Description of the task –
For the data below, the lines that hold "Distinct" should be counted; only the resulting number is expected.

Task inputs –
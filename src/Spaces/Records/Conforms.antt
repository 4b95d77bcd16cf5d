-- ===== src/Spaces/Records/Conforms.antt =====
-- What a record that `validateRecordData` lets through holds.
use gomer.Base.{
  All_self, ◌≡◌, inl, inr, refl, sym, ap, ◌∙◌, true, Option, none, some, List, [], ◌∷◌, All,
}
use gomer.Base.Text.{String}
use gomer.Spaces.Json.{Value, null, obj, Props, Numbers}
use gomer.Spaces.Spec.WellFormed.{Distinct}
use gomer.Spaces.Convert.{read}
use gomer.Spaces.Records.{
  FieldSpec, EntitySpec, RecordError, Draft, check_field, and_then, check_fields, cleaned, settled,
  record_result, validate_record_data,
}
use gomer.Spaces.Records.Entries.{Fits, IsEntry, HasKey, Conforms, keys}
use gomer.Spaces.Records.Fields.{
  Passed, check_field-Passed, Passed-All, Passed-keeps, Passed-HasKey, Passed-Distinct,
}

module _ (numbers : Numbers) where
  open numbers use {Num}

  -- The loop over the fields, none of which has an error.
  abbrev Runs : List FieldSpec → Draft numbers → Draft numbers → Type 0
  Runs [] d d' = d' ≡ d
  Runs (f ∷ fs) d d' = (d1 : Draft numbers) × Passed numbers f d d1 × Runs fs d1 d'

  and_then-some :
      (o : Option (Draft numbers)) (k : Draft numbers → Option (Draft numbers)) (d : Draft numbers)
      → and_then numbers o k ≡ some d
      → (d1 : Draft numbers) × (o ≡ some d1) × (k d1 ≡ some d)
  and_then-some none k d e = cc
  and_then-some (some d1) k d e = (d1, refl, e)

  Passed-errors :
      (f : FieldSpec) (d d1 : Draft numbers)
      → Passed numbers f d d1
      → d1.errors ≡ []
      → d.errors ≡ []
  Passed-errors f d d1 (inl (may, same)) h = rw (← same) h
  Passed-errors f d d1 (inr (v, fits, same)) h = sym (ap (λ (x : Draft numbers). x.errors) same) ∙ h

  check_fields-Runs :
      (fs : List FieldSpec) (ps : Props Num) (d d' : Draft numbers)
      → check_fields numbers fs ps d ≡ some d'
      → d'.errors ≡ []
      → Runs fs d d' × (d.errors ≡ [])
  unfolding check_fields
  check_fields-Runs [] ps d d' e none_left = let same : d ≡ d' = cc in (sym same, rw same none_left)
  check_fields-Runs (f ∷ fs) ps d d' e none_left =
      let (d1, here, later) =
        and_then-some (check_field numbers f (read f.name ps) d) (check_fields numbers fs ps) d'
          e in
      let (runs, d1_empty) = check_fields-Runs fs ps d1 d' later none_left in
      let passed = check_field-Passed numbers f (read f.name ps) d d1 here d1_empty in
      ((d1, passed, runs), Passed-errors f d d1 passed d1_empty)

  Runs-All :
      (P : String × Value Num → Type 0) (fs : List FieldSpec) (d d' : Draft numbers)
      → Runs fs d d'
      → All
          (λ f. (entry : String × Value Num) → (f.name ≡ entry.0) × Fits f.type f entry.1 → P entry)
          fs
      → All P d.clean
      → All P d'.clean
  Runs-All P [] d d' r h all = rw r all
  Runs-All P (f ∷ fs) d d' (d1, passed, r) h all =
      Runs-All P fs d1 d' r h.1
        (Passed-All numbers P f d d1 passed (λ v fits. h.0 (f.name, v) (refl, fits)) all)

  Runs-keeps :
      (k : String) (fs : List FieldSpec) (d d' : Draft numbers)
      → Runs fs d d'
      → HasKey k d.clean
      → HasKey k d'.clean
  Runs-keeps k [] d d' r h = rw r h
  Runs-keeps k (f ∷ fs) d d' (d1, passed, r) h =
      Runs-keeps k fs d1 d' r (Passed-keeps numbers k f d d1 passed h)

  Runs-required :
      (fs : List FieldSpec) (d d' : Draft numbers)
      → Runs fs d d'
      → All (λ f. f.required ≡ true → HasKey f.name d'.clean) fs
  Runs-required [] d d' r = tt
  Runs-required (f ∷ fs) d d' (d1, passed, r) = (
    λ must. Runs-keeps f.name fs d1 d' r (Passed-HasKey numbers f d d1 passed must),
    Runs-required fs d1 d' r,
  )

  Runs-Distinct :
      (fs : List FieldSpec) (d d' : Draft numbers)
      → Runs fs d d'
      → Distinct (keys d.clean)
      → Distinct (keys d'.clean)
  Runs-Distinct [] d d' r h = rw r h
  Runs-Distinct (f ∷ fs) d d' (d1, passed, r) h =
      Runs-Distinct fs d1 d' r (Passed-Distinct numbers f d d1 passed h)

  Runs-Conforms :
      (fs : List FieldSpec) (d : Draft numbers)
      → Runs fs (record { clean = []; errors = [] }) d
      → Conforms fs d.clean
  Runs-Conforms fs d r =
      let start : Draft numbers = record { clean = []; errors = [] } in
      record {
        entries = Runs-All (IsEntry fs) fs start d r (All_self _ fs) tt;
        required = Runs-required fs start d r;
        distinct = Runs-Distinct fs start d r tt;
      }

  settled-cleaned :
      (es : List RecordError) (clean c : List (String × Value Num))
      → settled numbers es clean ≡ cleaned c
      → (es ≡ []) × (clean ≡ c)
  settled-cleaned [] clean c e = (refl, cc)
  settled-cleaned (x ∷ xs) clean c e = cc

  record_result-cleaned :
      (o : Option (Draft numbers)) (c : List (String × Value Num))
      → record_result numbers o ≡ cleaned c
      → (d : Draft numbers) × (o ≡ some d) × (d.errors ≡ []) × (d.clean ≡ c)
  record_result-cleaned none c e = cc
  record_result-cleaned (some d) c e =
      let (none_left, same) = settled-cleaned d.errors d.clean c e in (d, refl, none_left, same)

  -- A record that is accepted holds each key once; each of its entries is for a field of the entity
  -- and has a value of that field's type, for a select one of its options; and every required field
  -- is there.
  pub validate_record_data-Conforms :
      (entity : EntitySpec) (raw : Value Num) (c : List (String × Value Num))
      → validate_record_data numbers entity raw ≡ cleaned c
      → Conforms entity.fields c
  unfolding validate_record_data
  validate_record_data-Conforms entity (obj ps) c e =
      let (d, run, none_left, same) =
        record_result-cleaned
          (check_fields numbers entity.fields ps (record { clean = []; errors = [] })) c e in
      let (runs, start) =
        check_fields-Runs entity.fields ps (record { clean = []; errors = [] }) d run none_left in
      rw (← same) (Runs-Conforms entity.fields d runs)
  validate_record_data-Conforms entity null c e = cc
  validate_record_data-Conforms entity _ c e = cc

Response –
9